It’s another grim day at the human factory. There is strong evidence to suggest that a prize-winning short story published this week in celebrated literary magazine Granta was entirely generated by AI.

Jamir Nazir’s “The Serpent in the Grove,” was published in Granta in partnership with the Commonwealth Foundation Short Story Prize, which annually recognizes unpublished fiction from around the British Commonwealth. Nazir’s story, which follows a rum-drinking farmer who comes across an enchanted grove, was the recognized entry from the Caribbean region.

A set of judges chaired by award-winning novelist Louise Doughty appreciated the story’s “precise yet richly evocative” language, and selected the piece as a regional finalist from a whopping class of 7,806 entries across the board. But literary sleuths smelled a rat.

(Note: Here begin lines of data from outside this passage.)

-- ===== src/Fat/Table/Next.antt =====
-- What `getnextclus` reads.
use chouryos.Base.{
  ℕ, ◌+◌, ◌*◌, ◌/◌, ◌%◌, ◌^◌, ◌≤◌, ◌<◌, ◌≡◌, refl, ap, subst, ◌∙◌, inl, inr, false, ◌==◌,
  Bool-cases, ==_iff, u32, arith,
}
use chouryos.Fat.{Filetype, fat12, fat16, fat32, bits, Geometry, Volume, read_sector, get16, get32}
use chouryos.Fat.Table.{is_no_clus, byte12, next12, next_by, entry_sec, getnextclus}
use chouryos.Fat.Table.Entry.{
  byte_at, entry_by, entry, IsGeometry, InTable, IsCoherent, IsDisk, HasRead, read_sector-HasRead,
  HasRead-IsCoherent, HasRead-byte_at, entry_sec-eq,
}

-- A value that is read, from a volume that keeps its disk.
abbrev Reads : Geometry → Volume → ℕ → ℕ × Volume → Type 0
Reads g v n r = (r.0 ≡ n) × (r.1.disk ≡ v.disk) × IsCoherent g r.1

module _ (g : Geometry) (c : ℕ) (v v' : Volume) (w : IsGeometry g) where
  next16-Reads :
      (c + 1) * 16 ≤ g.fat_sec_sz * 4096
      → HasRead g (u32 (c * 16 / 8 / 512 + g.rsvd_sec_cnt)) v v'
      → Reads g v (entry_by fat16 g v.disk c) (next_by fat16 g c v')
  next16-Reads h r =
      let at : (i b : ℕ)
          → i ≡ b % 512
          → b / 512 ≡ c * 2 / 512
          → v'.buffer_fat i ≡ byte_at g v.disk b =
        λ i b p q. HasRead-byte_at g _ b i v v' w r (omega (arith, w.room)) (omega arith) p in
      let o : 2 * (c % (g.bytes_per_sec / 2)) ≡ c * 2 % 512 =
        ap (λ n. 2 * (c % (n / 2))) w.sector ∙ omega arith in
      (
        ap (get16 v'.buffer_fat) o
            ∙ rw (
              at (c * 2 % 512) (c * 2) refl refl,
              at (c * 2 % 512 + 1) (c * 2 + 1) (omega arith) (omega arith),
            ),
        r.same_disk,
        HasRead-IsCoherent g _ v v' r,
      )

  next32-Reads :
      (c + 1) * 32 ≤ g.fat_sec_sz * 4096
      → HasRead g (u32 (c * 32 / 8 / 512 + g.rsvd_sec_cnt)) v v'
      → Reads g v (entry_by fat32 g v.disk c) (next_by fat32 g c v')
  next32-Reads h r =
      let at : (i b : ℕ)
          → i ≡ b % 512
          → b / 512 ≡ c * 4 / 512
          → v'.buffer_fat i ≡ byte_at g v.disk b =
        λ i b p q. HasRead-byte_at g _ b i v v' w r (omega (arith, w.room)) (omega arith) p in
      let o : 4 * (c % (g.bytes_per_sec / 4)) ≡ c * 4 % 512 =
        ap (λ n. 4 * (c % (n / 4))) w.sector ∙ omega arith in
      (
        ap (get32 v'.buffer_fat) o
            ∙ rw (
              at (c * 4 % 512) (c * 4) refl refl,
              at (c * 4 % 512 + 1) (c * 4 + 1) (omega arith) (omega arith),
              at (c * 4 % 512 + 2) (c * 4 + 2) (omega arith) (omega arith),
              at (c * 4 % 512 + 3) (c * 4 + 3) (omega arith) (omega arith),
            ),
        r.same_disk,
        HasRead-IsCoherent g _ v v' r,
      )

odd_half : (lo hi : ℕ) → lo / 16 + hi * 16 ≡ (lo + hi * 256) / 16
odd_half lo hi = omega arith

even_half : (lo hi : ℕ) → lo < 256 → lo + hi % 16 * 256 ≡ (lo + hi * 256) % 4096
even_half lo hi h = omega arith

module _ (g : Geometry) (c : ℕ) (v v' : Volume) (w : IsGeometry g) where
  next12-Reads :
      IsDisk v.disk
      → g.rsvd_sec_cnt ≡ 1
      → c * 12 < 2 ^ 32
      → (c + 1) * 12 ≤ g.fat_sec_sz * 4096
      → HasRead g (u32 (c * 12 / 8 / 512 + g.rsvd_sec_cnt)) v v'
      → Reads g v (entry_by fat12 g v.disk c) (next_by fat12 g c v')
  unfolding next12
  next12-Reads dk one l h r =
      let b : ℕ = c * 12 / 8 in
      let eb : byte12 c ≡ b = omega arith in
      let first : v'.buffer_fat (b % 512) ≡ byte_at g v.disk b =
        HasRead-byte_at g _ b (b % 512) v v' w r (omega (arith, w.room)) (omega arith) refl in
      let coherent = HasRead-IsCoherent g _ v v' r in
      elim (Bool-cases (b % 512 == 511)) [
        | inr no_split ↦
            let second : v'.buffer_fat (b % 512 + 1) ≡ byte_at g v.disk (b + 1) =
              HasRead-byte_at g _ (b + 1) (b % 512 + 1) v v' w r (ground (arith, w.room))
                (omega arith) (ground arith) in
            elim (Bool-cases (c % 2 == 1)) [
              | inl odd ↦ rw (eb, no_split, odd, first, second) (refl, r.same_disk, coherent)
              | inr even ↦ rw (eb, no_split, even, first, second) (refl, r.same_disk, coherent)
            ]
        | inl split ↦
            let last : b % 512 ≡ 511 = (==_iff _ _).0 split in
            let v2 = read_sector g (u32 (b / 512 + 2)) v' in
            let r2 : HasRead g (u32 (b / 512 + 2)) v' v2 = read_sector-HasRead g _ v' coherent in
            let low : v'.buffer_fat 511 ≡ byte_at g v.disk b = rw (← last) first in
            let high : v2.buffer_fat 0 ≡ byte_at g v.disk (b + 1) =
              HasRead-byte_at g _ (b + 1) 0 v' v2 w r2 (omega (arith, w.room)) (omega arith)
                (omega arith)
              ∙ ap (λ d. byte_at g d (b + 1)) r.same_disk in
            let kept : v2.disk ≡ v.disk = r2.same_disk ∙ r.same_disk in
            let coherent2 = HasRead-IsCoherent g _ v' v2 r2 in
            elim (Bool-cases (c % 2 == 1)) [
              | inl odd ↦ rw (eb, split, odd, low, high) (odd_half _ _, kept, coherent2)
              | inr even ↦ rw (eb, split, even, low, high) (even_half _ _ (dk _ _), kept, coherent2)
            ]
      ]

next_by-Reads :
    (ft : Filetype) (g : Geometry) (c : ℕ) (v : Volume)
    → g.ft ≡ ft
    → IsGeometry g
    → InTable g c
    → (g.ft ≡ fat12 → IsDisk v.disk)
    → IsCoherent g v
    → Reads g v (entry_by ft g v.disk c) (next_by ft g c (read_sector g (entry_sec g c) v))
next_by-Reads ft g c v e w t dk h =
    let small : c * bits ft < 2 ^ 32 = subst (λ x. c * bits x < 2 ^ 32) e t.small in
    let inside : (c + 1) * bits ft ≤ g.fat_sec_sz * 4096 =
      subst (λ x. (c + 1) * bits x ≤ g.fat_sec_sz * 4096) e t.inside in
    let r =
      subst (λ s. HasRead g s v (read_sector g (entry_sec g c) v))
        (entry_sec-eq g ft c w e small inside) (read_sector-HasRead g (entry_sec g c) v h) in
    by_type ft e small inside r
  where
    by_type :
        (ft : Filetype)
        → g.ft ≡ ft
        → c * bits ft < 2 ^ 32
        → (c + 1) * bits ft ≤ g.fat_sec_sz * 4096
        → HasRead g
            (u32 (c * bits ft / 8 / 512 + g.rsvd_sec_cnt))
            v
            (read_sector g (entry_sec g c) v)
        → Reads g v (entry_by ft g v.disk c) (next_by ft g c (read_sector g (entry_sec g c) v))
    by_type fat12 e small inside r = next12-Reads g c v _ w (dk e) (w.reserved e) small inside r
    by_type fat16 e small inside r = next16-Reads g c v _ w inside r
    by_type fat32 e small inside r = next32-Reads g c v _ w inside r

-- `getnextclus` gives the entry of the cluster in the first table, for each of the three file types
-- and also where a FAT12 entry is split between sectors; the disk is not changed, and the buffer goes
-- on to hold the sector that it is said to hold. Sectors have 512 bytes, and those of the tables numbers
-- below 2 ^ 32; the cluster has an entry in
-- the table, with a bit position below 2 ^ 32 (on FAT32 a cluster below 2 ^ 27; behind it the code's
-- position wraps); a FAT12 volume has exactly one reserved sector, for which alone the code's second
-- sector of a split entry is right, and a disk of bytes; and the buffer holds its sector at first.
pub getnextclus-entry :
    (g : Geometry) (c : ℕ) (v : Volume)
    → IsGeometry g
    → InTable g c
    → (g.ft ≡ fat12 → IsDisk v.disk)
    → IsCoherent g v
    → ((getnextclus g c v).0 ≡ entry g v.disk c)
      × ((getnextclus g c v).1.disk ≡ v.disk)
      × IsCoherent g (getnextclus g c v).1
unfolding getnextclus entry
getnextclus-entry g c v w t dk h =
    let clus : is_no_clus g c ≡ false = ground (arith, t.range) in
    rw clus (next_by-Reads g.ft g c v refl w t dk h)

Ethan Mollick, a Wharton professor who studies AI’s effects on education and the workplace, broke down this “Turing Test of sorts” in a helpful Bluesky thread.

Off a hunch, Mollick ran the story through Pangram, a program that detects AI writing with 99% accuracy. (And because this is a slippery, evolving science, Mollick also cited independent research re: the tool’s efficacy.) Pangram has an extremely low false positive rate. And “The Serpent in the Grove” came back with 100% red flags.